We took the Honey Island Swamp Tour out of Slidell, Louisiana on our first trip to New Orleans, pre-kids. While we didn’t see many gators (we later learned that prime gator spotting season is during the hot and humid summer months), it was a fun to be in a totally new kind of habitat that we’d never experienced before!
Tip: Renting a car and making the hour drive across the lake is easiest with kids, but if you’re without a car, most tour companies will offer French Quarter pick up as well.[irp]
9 | Spend the Day in City Park
Did you know that at 2.5 square miles, New Orleans’ City Park is almost TWICE the size of New York’s Central Park?
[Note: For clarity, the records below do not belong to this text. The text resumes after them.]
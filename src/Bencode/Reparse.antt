-- ===== src/Bencode/Reparse.antt =====
-- torrent-protocol.js: a node of `bdecode` is read again wherever its bytes stand.
use my.Base.{
  ℕ, zero, suc, ◌+◌, ◌-◌, ◌≤◌, ◌≡◌, refl, sym, ap, ◌∙◌, Bool, false, Option, List, ◌∷◌, ◌++◌,
  length, take, length-append, take-append_length, ltb, ◌||◌, arith,
}
use my.Base.Text.{Text}
use my.Bencode.{parsed, Value, node, between, kind, parse}
use my.Bencode.Ensures.{holds, Ensures-bind}
use my.Bencode.Frame.{Framed, Fits, NodeFits, read_value}

module _ (decode : List ℕ → Option Text) where
  pub between-eq : (s rest used : List ℕ) → s ≡ used ++ rest → between s rest ≡ used
  between-eq s rest used e =
      ap (λ t. take (length t - length rest) t) e
      ∙ ap (λ j. take j (used ++ rest)) (omega (arith, length-append used rest))
      ∙ take-append_length used rest

  -- The guard of `parse` lets a value through that has as many nodes before it, or less.
  abbrev pub is_refused : ℕ → ℕ → Bool
  is_refused n depth = ltb 256 (suc n) || ltb 8 depth

  pub reparse :
      (g f depth b n m more : ℕ) (used r whole : List ℕ) (v : Value)
      → suc f ≤ g
      → m ≤ n
      → is_refused n depth ≡ false
      → whole ≡ b ∷ used
      → ((j : ℕ)
          → f ≤ j
          → read_value decode depth b (kind b) j (used ++ r) (suc m) ≡ parsed (v, r, suc m + more))
      → parse decode g depth (b ∷ used ++ r) m ≡ parsed (node v whole, r, m + suc more)
  unfolding parse
  reparse zero f depth b n m more used r whole v p q c w h = absurd (omega arith)
  reparse (suc g) f depth b n m more used r whole v p q c w h =
      let t : is_refused m depth ≡ false = ground arith in
      let e : suc m + more ≡ m + suc more = omega arith in
      rw (t, h g (omega arith))
        (ap (λ x. parsed (node v x, r, suc m + more))
            (between-eq (b ∷ used ++ r) r (b ∷ used) refl ∙ sym w)
          ∙ ap (λ k. parsed (node v whole, r, k)) e)

  pub node-Framed :
      (f depth b n : ℕ) (s : List ℕ)
      → is_refused n depth ≡ false
      → Framed decode 0
          (read_value decode depth b (kind b))
          (Fits decode f (suc n) depth)
          f
          s
          (suc n)
      → Framed decode 1
          (λ g t m. parse decode g depth t m)
          (NodeFits decode (suc f) n depth)
          (suc f)
          (b ∷ s)
          n
  unfolding parse
  node-Framed f depth b n s c d = rw c (
      Ensures-bind d λ (v, rest, k) h.
        let w = between-eq (b ∷ s) rest (b ∷ h.used) (ap (λ t. b ∷ t) h.split) in
        holds (record {
          used = b ∷ h.used;
          more = suc h.more;
          split = ap (λ t. b ∷ t) h.split;
          count = omega (arith, h.count);
          least = omega arith;
          most = h.most;
          good = (w, h.good);
          again = λ g m r p q.
              reparse g f depth b n m h.more h.used r (between (b ∷ s) rest) v p q c w
                (λ j l. h.again j (suc m) r l (omega arith));
        }))
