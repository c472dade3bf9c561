-- ===== src/Bencode/Values.antt =====
-- torrent-protocol.js: what `bdecode` reads of a value that is no node yet.
use my.Base.{
  ℕ, ◌+◌, ◌≤◌, ◌≡◌, refl, sym, ap, ◌∙◌, true, false, Option, none, List, [], ◌∷◌, ◌++◌, length,
  take, drop, length-append, length-take, take-append_length, drop-append_length, take-append-drop,
  if_cases, ltb, ◌==◌, ltb→le, arith,
}
use mathlib.Core.Path.{subst}
use mathlib.Core.List.{append_assoc}
use my.Base.Int.{ℤ, abs}
use my.Base.Text.{Text}
use my.Bencode.{
  parsed, number, string, Kind, integers, dictionaries, lists, strings, others, kind, string_at,
  number_at, value_at, parse_items, parse_fields,
}
use my.Bencode.Ensures.{Ensures, holds, rejected, Ensures-bind, number_at-Ensures}
use my.Bencode.Frame.{Frame, Framed, Fits, FieldsFit, read_value}

module _ (decode : List ℕ → Option Text) where
  pub string_at-take :
      (z : ℤ) (t r : List ℕ) (m : ℕ)
      → abs z ≡ length t
      → string_at z (t ++ r) m ≡ parsed (string t, r, m)
  unfolding string_at
  string_at-take z t r m e =
      ground (arith, e, length-append t r, take-append_length t r, drop-append_length t r)

  pub integer-Framed :
      (f depth b n : ℕ) (s : List ℕ)
      → n ≤ 256
      → Framed decode 0 (read_value decode depth b integers) (Fits decode f n depth) f s n
  unfolding value_at
  integer-Framed f depth b n s lim =
      Ensures-bind (number_at-Ensures decode b'e' true s) λ (z, rest) h. holds (record {
        used = h.used ++ b'e' ∷ [];
        more = 0;
        split = h.split ∙ sym (append_assoc h.used (b'e' ∷ []) rest);
        count = omega arith;
        least = omega arith;
        most = lim;
        good = tt;
        again = λ g m r p q.
            rw (append_assoc h.used (b'e' ∷ []) r, h.again r)
              (let e : m ≡ m + 0 = omega arith in ap (λ k. parsed (number z, r, k)) e);
      })

  pub dictionary-Framed :
      (f depth b n : ℕ) (s : List ℕ)
      → Framed decode 0
          (λ g t m. parse_fields decode g depth none t m)
          (FieldsFit decode f n depth)
          f
          s
          n
      → n ≤ 256
      → Framed decode 0 (read_value decode depth b dictionaries) (Fits decode f n depth) f s n
  unfolding value_at
  dictionary-Framed f depth b n s d lim = Ensures-bind d λ (fs, rest, k) h. holds (record {
    used = h.used;
    more = h.more;
    split = h.split;
    count = h.count;
    least = h.least;
    most = h.most;
    good = h.good.1;
    again = λ g m r p q. rw (h.again g m r p q);
  })

  pub list-Framed :
      (f depth b n : ℕ) (s : List ℕ)
      → Framed decode 0 (λ g t m. parse_items decode g depth t m) (λ xs used. Unit) f s n
      → n ≤ 256
      → Framed decode 0 (read_value decode depth b lists) (Fits decode f n depth) f s n
  unfolding value_at
  list-Framed f depth b n s d lim = Ensures-bind d λ (xs, rest, k) h. holds (record {
    used = h.used;
    more = h.more;
    split = h.split;
    count = h.count;
    least = h.least;
    most = h.most;
    good = tt;
    again = λ g m r p q. rw (h.again g m r p q);
  })

  -- The digits of a length, of which the first is read when its kind is known.
  pub record Length (b : ℕ) (s : List ℕ) (z : ℤ) (rest : List ℕ) : Type 0 where
    pub digits : List ℕ
    pub split : s ≡ digits ++ b':' ∷ rest
    pub again : (r : List ℕ) → number_at decode b':' false (b ∷ digits ++ b':' ∷ r) ≡ parsed (z, r)

  pub take_digits :
      (b : ℕ) (s used : List ℕ) (z : ℤ) (rest : List ℕ)
      → (b == b':') ≡ false
      → b ∷ s ≡ used ++ b':' ∷ rest
      → ((r : List ℕ) → number_at decode b':' false (used ++ b':' ∷ r) ≡ parsed (z, r))
      → Length b s z rest
  take_digits b s [] z rest t e h = absurd (ground (arith, e))
  take_digits b s (c ∷ used) z rest t e h = record {
    digits = used;
    split = cc;
    again = λ r.
        let q : b ≡ c = cc in
        subst (λ a. number_at decode b':' false (a ∷ used ++ b':' ∷ r) ≡ parsed (z, r)) (sym q)
          (h r);
  }

  pub string-Framed :
      (f depth b n : ℕ) (s : List ℕ)
      → (b == b':') ≡ false
      → n ≤ 256
      → Framed decode 0 (read_value decode depth b strings) (Fits decode f n depth) f s n
  unfolding value_at
  string-Framed f depth b n s t lim =
      Ensures-bind (number_at-Ensures decode b':' false (b ∷ s)) λ (z, rest) c.
        let h = take_digits b s c.used z rest t c.split c.again in
        unfold string_at in
        if_cases
          (Ensures (λ (a, r, k).
            Frame decode 0 (read_value decode depth b strings) (Fits decode f n depth) f s n a r k))
          (ltb (length rest) (abs z)) _ _ (λ e. rejected)
          (λ e.
            let short : abs z ≡ length (take (abs z) rest) =
              ground (arith, length-take (abs z) rest, ltb→le (length rest) (abs z)) in
            holds (record {
              used = h.digits ++ b':' ∷ take (abs z) rest;
              more = 0;
              split =
                  h.split
                  ∙ ap (λ r. h.digits ++ b':' ∷ r) (sym (take-append-drop (abs z) rest))
                  ∙ sym (append_assoc h.digits (b':' ∷ take (abs z) rest) (drop (abs z) rest));
              count = omega arith;
              least = omega arith;
              most = lim;
              good = omega (arith, length-append h.digits (b':' ∷ take (abs z) rest));
              again = λ g m r p q.
                  rw
                    (
                      append_assoc h.digits (b':' ∷ take (abs z) rest) r,
                      h.again (take (abs z) rest ++ r),
                    )
                    (string_at-take z (take (abs z) rest) r m short
                      ∙ (let e : m ≡ m + 0 = omega arith in
                          ap (λ k. parsed (string (take (abs z) rest), r, k)) e));
            }))

  pub value-Framed :
      (kd : Kind) (f depth b n : ℕ) (s : List ℕ)
      → (kd ≡ strings → (b == b':') ≡ false)
      → Framed decode 0
          (λ g t m. parse_fields decode g depth none t m)
          (FieldsFit decode f n depth)
          f
          s
          n
      → Framed decode 0 (λ g t m. parse_items decode g depth t m) (λ xs used. Unit) f s n
      → n ≤ 256
      → Framed decode 0 (read_value decode depth b kd) (Fits decode f n depth) f s n
  value-Framed integers f depth b n s t d l lim = integer-Framed f depth b n s lim
  value-Framed dictionaries f depth b n s t d l lim = dictionary-Framed f depth b n s d lim
  value-Framed lists f depth b n s t d l lim = list-Framed f depth b n s l lim
  value-Framed strings f depth b n s t d l lim = string-Framed f depth b n s (t refl) lim
  value-Framed others f depth b n s t d l lim = unfold value_at in rejected

  pub kind-strings : (b : ℕ) → kind b ≡ strings → (b == b':') ≡ false
  unfolding kind
  kind-strings b h = ground arith
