-- ===== src/Bencode/Numbers.antt =====
-- torrent-protocol.js: how `bdecode` reads the numbers and strings of the canonical encoding.
use my.Base.{
  ℕ, zero, suc, ◌+◌, ◌/◌, ◌%◌, ◌≤◌, ◌<◌, ◌≡◌, refl, sym, ap, ◌∙◌, Bool, true, false, Option, some,
  List, [], ◌∷◌, ◌++◌, length, All, leb, ltb, ◌==◌, if_cases, arith,
}
use mathlib.Core.List.{append_assoc}
use my.Base.Int.{ℤ, pos, negsuc, abs, ◌-ℤ◌}
use my.Base.Num.{max_safe}
use my.Base.Text.{Text, text_eq}
use my.Publication.{digits, decimal}
use my.Publication.Decimal.{
  IsDigit, digits-IsDigit, value_digits, length-digits, digits-positive, digits-natural,
}
use my.Bencode
use my.Bencode.{
  ◌>>=◌, string_at, Parse, parsed, Node, Value, Nodes, Fields, number, string, list, dictionary,
  nil, cons, end, field, follows, before, integer, is_positive, is_natural, value_from,
  digits_value, number_at, Kind, strings, kind, value_at, parse, at_end,
}
use my.Bencode.Reparse.{is_refused, reparse}
use my.Bencode.Values.{string_at-take}
use my.Bencode.Encode.{encode_integer, encode_string, encode, int}

module _ (decode : List ℕ → Option Text)
    (ascii : (b : List ℕ) → All (λ c. c < 128) b → decode b ≡ some b) where
  before-digits :
      (last : ℕ) (xs r : List ℕ)
      → 57 < last
      → All IsDigit xs
      → before last (xs ++ last ∷ r) ≡ parsed (xs, r)
  unfolding before
  before-digits last [] r h d = ground arith
  before-digits last (c ∷ xs) r h d =
      let t : (c == last) ≡ false = ground (arith, d.0) in rw (t, before-digits last xs r h d.1)

  digits-ascii : (xs : List ℕ) → All IsDigit xs → All (λ c. c < 128) xs
  digits-ascii [] d = tt
  digits-ascii (c ∷ xs) d = (omega (arith, d.0), digits-ascii xs d.1)

  integer-natural :
      (negative : Bool) (t : Text) (x : ℕ)
      → is_natural t ≡ true
      → value_from 0 t ≡ x
      → integer negative t ≡ some (pos x)
  unfolding integer text_eq is_positive
  integer-natural negative [] x h e = cc
  integer-natural negative (c ∷ cs) x h e = rw (h, e)

  -- What `number` makes of the decimal of a safe integer.
  digits_value-decimal :
      (negative : Bool) (x : ℕ)
      → x ≤ max_safe
      → digits_value decode negative (decimal x) ≡ parsed (pos x)
  unfolding digits_value
  digits_value-decimal negative x h =
      let short : ltb 17 (length (decimal x)) ≡ false = ground (arith, length-digits 16 x) in
      let safe : leb x max_safe ≡ true = ground arith in
      rw (
        short,
        ascii (decimal x) (digits-ascii (decimal x) (digits-IsDigit 16 x)),
        integer-natural negative (decimal x) x (digits-natural 15 x (omega arith))
            (value_digits 16 x (omega arith)),
        safe,
      )

  number_at-decimal :
      (last : ℕ) (negative : Bool) (x : ℕ) (r : List ℕ)
      → 57 < last
      → x ≤ max_safe
      → number_at decode last negative (decimal x ++ last ∷ r) ≡ parsed (pos x, r)
  unfolding number_at
  number_at-decimal last negative x r l h =
      rw (
        before-digits last (decimal x) r l (digits-IsDigit 16 x),
        digits_value-decimal negative x h,
      )

  integer-negative :
      (t : Text) (x : ℕ)
      → is_positive t ≡ true
      → value_from 0 t ≡ suc x
      → integer true (b'-' ∷ t) ≡ some (negsuc x)
  unfolding integer text_eq is_positive ◌-ℤ◌
  integer-negative t x h e = rw (h, e) (ground arith)

  number_at-negative :
      (x : ℕ) (r : List ℕ)
      → suc x ≤ max_safe
      → number_at decode b'e' true (b'-' ∷ decimal (suc x) ++ b'e' ∷ r) ≡ parsed (negsuc x, r)
  unfolding number_at before digits_value
  number_at-negative x r h =
      let short : ltb 17 (suc (length (decimal (suc x)))) ≡ false =
        ground (arith, length-digits 16 (suc x)) in
      let safe : leb (suc x) max_safe ≡ true = ground arith in
      rw (
        before-digits b'e' (decimal (suc x)) r (omega arith) (digits-IsDigit 16 (suc x)),
        short,
        ascii (b'-' ∷ decimal (suc x))
            (omega arith, digits-ascii (decimal (suc x)) (digits-IsDigit 16 (suc x))),
        integer-negative (decimal (suc x)) x
            (digits-positive 16 (suc x) (omega arith) (omega arith))
            (value_digits 16 (suc x) (omega arith)),
        safe,
      )

  number_at-integer :
      (z : ℤ) (r : List ℕ)
      → abs z ≤ max_safe
      → number_at decode b'e' true (encode_integer z ++ b'e' ∷ r) ≡ parsed (z, r)
  number_at-integer (pos x) r h = number_at-decimal b'e' true x r (omega arith) h
  number_at-integer (negsuc x) r h = number_at-negative x r h

  pub parse-int :
      (f depth n : ℕ) (z : ℤ) (r : List ℕ)
      → is_refused decode n depth ≡ false
      → abs z ≤ max_safe
      → parse decode (suc f) depth (encode (int z) ++ r) n
        ≡ parsed (Bencode.node (number z) (encode (int z)), r, n + 1)
  unfolding encode kind value_at
  parse-int f depth n z r c h =
      reparse decode (suc f) f depth b'i' n n 0 (encode_integer z ++ b'e' ∷ []) r (encode (int z))
        (number z) (omega arith) (omega arith) c refl
        (λ j l.
          rw (append_assoc (encode_integer z) (b'e' ∷ []) r, number_at-integer z r h)
            (let e : suc n ≡ suc n + 0 = omega arith in ap (λ k. parsed (number z, r, k)) e))

  -- The first digit of a decimal.
  pub record Head (xs : List ℕ) : Type 0 where
    pub first : ℕ
    pub others : List ℕ
    pub split : xs ≡ first ∷ others
    pub digit : kind first ≡ strings

  pub digits-Head : (n x : ℕ) → Head (digits (suc n) x)
  unfolding digits kind
  digits-Head zero x =
      if_cases Head (leb x 9) _ _
        (λ e. record { first = b'0' + x; others = []; split = refl; digit = ground arith })
        (λ e. record { first = b'0' + x % 10; others = []; split = refl; digit = ground arith })
  digits-Head (suc n) x =
      if_cases Head (leb x 9) _ _
        (λ e. record { first = b'0' + x; others = []; split = refl; digit = ground arith })
        (λ e.
          let h = digits-Head n (x / 10) in
          record {
            first = h.first;
            others = h.others ++ (b'0' + x % 10) ∷ [];
            split = ap (λ t. t ++ (b'0' + x % 10) ∷ []) h.split;
            digit = h.digit;
          })

  pub parse-str :
      (f depth n : ℕ) (b r : List ℕ)
      → is_refused decode n depth ≡ false
      → length b ≤ max_safe
      → parse decode (suc f) depth (encode_string b ++ r) n
        ≡ parsed (Bencode.node (string b) (encode_string b), r, n + 1)
  unfolding value_at
  parse-str f depth n b r c h =
      let d = digits-Head 15 (length b) in
      let whole : encode_string b ≡ d.first ∷ (d.others ++ b':' ∷ b) =
        ap (λ t. t ++ b':' ∷ b) d.split in
      ap (λ t. parse decode (suc f) depth (t ++ r) n) whole
      ∙ reparse decode (suc f) f depth d.first n n 0 (d.others ++ b':' ∷ b) r (encode_string b)
          (string b) (omega arith) (omega arith) c whole
          (λ j l. rw d.digit (
            ap (λ t. number_at decode b':' false t >>= λ (z, rest). string_at z rest (suc n))
              (append_assoc (d.first ∷ d.others) (b':' ∷ b) r
                ∙ ap (λ t. t ++ b':' ∷ (b ++ r)) (sym d.split))
            ∙ rw (number_at-decimal b':' false (length b) (b ++ r) (omega arith) h) (
                string_at-take decode (pos (length b)) b r (suc n) refl
                ∙ (let e : suc n ≡ suc n + 0 = omega arith in
                    ap (λ k. parsed (string b, r, k)) e))))
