-- ===== src/Bencode/Whole.antt =====
-- torrent-protocol.js: what is known of all that `bdecode` reads; its fuel is enough.
use my.Base.{
  ℕ, zero, suc, ◌-◌, ◌*◌, ◌≤◌, ◌<◌, ◌≡◌, inl, inr, ap, ◌∙◌, Option, none, some, List, [], ◌∷◌, ◌++◌,
  length, Bool-cases, arith,
}
use mathlib.Core.List.{append-nil}
use my.Base.Text.{Text}
use my.Bencode.{
  parsed, Node, Value, node, dictionary, value_of, at_end, kind, parse, bdecode, finish,
  parse_items, parse_fields,
}
use my.Bencode.Ensures.{Ensures, holds, rejected, Ensures-bind}
use my.Bencode.Frame.{Framed, Entries, Entries-weaken, FieldsFit, NodeFits}
use my.Bencode.Values.{value-Framed, kind-strings}
use my.Bencode.Reparse.{is_refused, node-Framed}
use my.Bencode.Loops.{nil-Frame, cons-Frame}
use my.Bencode.Dictionary.{end-Frame, field-Frame, key-Ensures}

module _ (decode : List ℕ → Option Text) where
  -- One induction on the fuel, of which there are two units for each node that may still come.
  mutual
    unfolding parse

    pub parse-Framed :
        (f depth n : ℕ) (s : List ℕ)
        → n ≤ 256
        → 2 * (256 - n) < f
        → Framed decode 1 (λ g t m. parse decode g depth t m) (NodeFits decode f n depth) f s n
    parse-Framed zero depth n s lim h = absurd (omega arith)
    parse-Framed (suc f) depth n [] lim h = rejected
    parse-Framed (suc f) depth n (b ∷ bs) lim h = elim (Bool-cases (is_refused decode n depth)) [
      | inl e ↦ rw e rejected
      | inr e ↦
          let room : suc n ≤ 256 = ground arith in
          node-Framed decode f depth b n bs e (
            value-Framed decode (kind b) f depth b (suc n) bs (kind-strings decode b)
              (fields-Framed f depth (suc n) none bs room (omega arith))
              (items-Framed f depth (suc n) bs room (omega arith)) room)
    ]

    pub items-Framed :
        (f depth n : ℕ) (s : List ℕ)
        → n ≤ 256
        → suc (2 * (256 - n)) < f
        → Framed decode 0 (λ g t m. parse_items decode g depth t m) (λ _ _. Unit) f s n
    items-Framed zero depth n s lim h = absurd (omega arith)
    items-Framed (suc f) depth n s lim h = elim (Bool-cases (at_end s)) [
      | inl e ↦ rw e (holds (nil-Frame decode f depth n s e lim))
      | inr e ↦ rw e (
          Ensures-bind (parse-Framed f (suc depth) n s lim (omega arith)) λ (x, s1, n1) a.
            Ensures-bind
              (items-Framed f depth n1 s1 a.most (omega (arith, a.count, a.least, a.most)))
              λ (xs, s2, n2) b. holds (cons-Frame decode f depth n s a e b))
    ]

    pub fields-Framed :
        (f depth n : ℕ) (previous : Option Text) (s : List ℕ)
        → n ≤ 256
        → suc (2 * (256 - n)) < f
        → Framed decode 0
            (λ g t m. parse_fields decode g depth previous t m)
            (FieldsFit decode f n depth)
            f
            s
            n
    fields-Framed zero depth n previous s lim h = absurd (omega arith)
    fields-Framed (suc f) depth n previous s lim h = elim (Bool-cases (at_end s)) [
      | inl e ↦ rw e (holds (end-Frame decode f depth n previous s e lim))
      | inr e ↦ rw e (
          Ensures-bind (parse-Framed f (suc depth) n s lim (omega arith)) λ (y, s1, n1) a.
            Ensures-bind (key-Ensures decode previous (value_of y)) λ name k.
              Ensures-bind
                (parse-Framed f (suc depth) n1 s1 a.most (omega (arith, a.count, a.least, a.most)))
                λ (x, s2, n2) b.
                  Ensures-bind
                    (fields-Framed f depth n2 (some name) s2 b.most
                      (omega (arith, a.count, a.least, b.count, b.least, b.most)))
                    λ (fs, s3, n3) c.
                      holds (field-Frame decode f depth n previous s name a k b e c))
    ]

  -- What a byte string is decoded to: it is never left for lack of fuel, and what a dictionary holds
  -- is parsed again wherever its bytes stand.
  abbrev pub Decoded : List ℕ → Value → Type 0
  Decoded bytes (dictionary fs) = Entries decode 512 2 1 (length bytes - 1) fs
  Decoded bytes _ = Unit

  pub entries-Decoded :
      (bytes : List ℕ) (x : Node) (used : List ℕ)
      → bytes ≡ used
      → NodeFits decode 514 0 0 x used
      → Decoded bytes (value_of x)
  entries-Decoded bytes x [] e h = absurd h
  entries-Decoded bytes (node (dictionary fs) raw) (b ∷ used) e h =
      Entries-weaken decode 512 512 2 2 1 (length used) (length bytes - 1) fs (omega arith)
        (omega arith) (omega (arith, ap length e)) h.1
  entries-Decoded bytes (node _ raw) (b ∷ used) e h = tt

  pub finish-Ensures :
      (bytes : List ℕ) (x : Node) (used rest : List ℕ) (k : ℕ)
      → bytes ≡ used ++ rest
      → NodeFits decode 514 0 0 x used
      → Ensures (Decoded bytes) (finish decode (x, rest, k))
  finish-Ensures bytes x used [] k e h =
      holds (entries-Decoded bytes x used (e ∙ append-nil used) h)
  finish-Ensures bytes x used (c ∷ rest) k e h = rejected

  pub bdecode-Ensures : (bytes : List ℕ) → Ensures (Decoded bytes) (bdecode decode bytes)
  unfolding bdecode
  bdecode-Ensures bytes =
      Ensures-bind (parse-Framed 514 0 0 bytes (omega arith) (omega arith))
        λ (x, rest, k) h. finish-Ensures bytes x h.used rest k h.split h.good

  pub bdecode-parsed :
      (bytes : List ℕ) (x : Node) (k : ℕ)
      → parse decode 514 0 bytes 0 ≡ parsed (x, [], k)
      → bdecode decode bytes ≡ parsed (value_of x)
  unfolding bdecode
  bdecode-parsed bytes x k e = rw e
That’s crazy!
While most of the park is open greenspace, there is TONS for families to do, and it’d be easy to fill up an entire day exploring all the park has to offer!
For families with young kids, visit Story Land, take a ride on the Musical Train, or play at Stanley Ray Playground. Slightly older kids will find fun at Carousel Gardens amusement park or City Putt. Meanwhile, adults with appreciate a trip to the New Orleans Botanical Garden or New Orleans Museum or Art and Sculpture Garden.
Tip: While you’re in the neighborhood, stop at Parkway Bakery & Tavern, a top contender for the best po’boys in New Orleans!
10 | Admire the Mansions in the Garden District
This is the pinnacle of southern opulence. If you love history and architecture, then you must get out to the Garden District!
There are plenty of guided tours to choose from that will explain the history of these homes and their notable residents. Since we’ve got two unpredictable children, we decided to self-guide ourselves, which was still every bit as enjoyable!
Starting at Lafayette Cemetery no. 1, head east on Prytania Street to Jackson Avenue, down a block, and then back west on Coliseum. You’ll pass by many amazing mansions, including Colonel Short’s Villa (formerly New Orleans’ most expensive home on the market at a cool $5 million) and the Buckner Mansion (popularized by it’s appearance in ‘American Horror Story: Coven’).
Tip: Like many places in New Orleans, the Garden District sidewalks can be rough, so I’d recommend either using a sturdy jogging stroller, or skipping it all together and utilizing a carrier instead.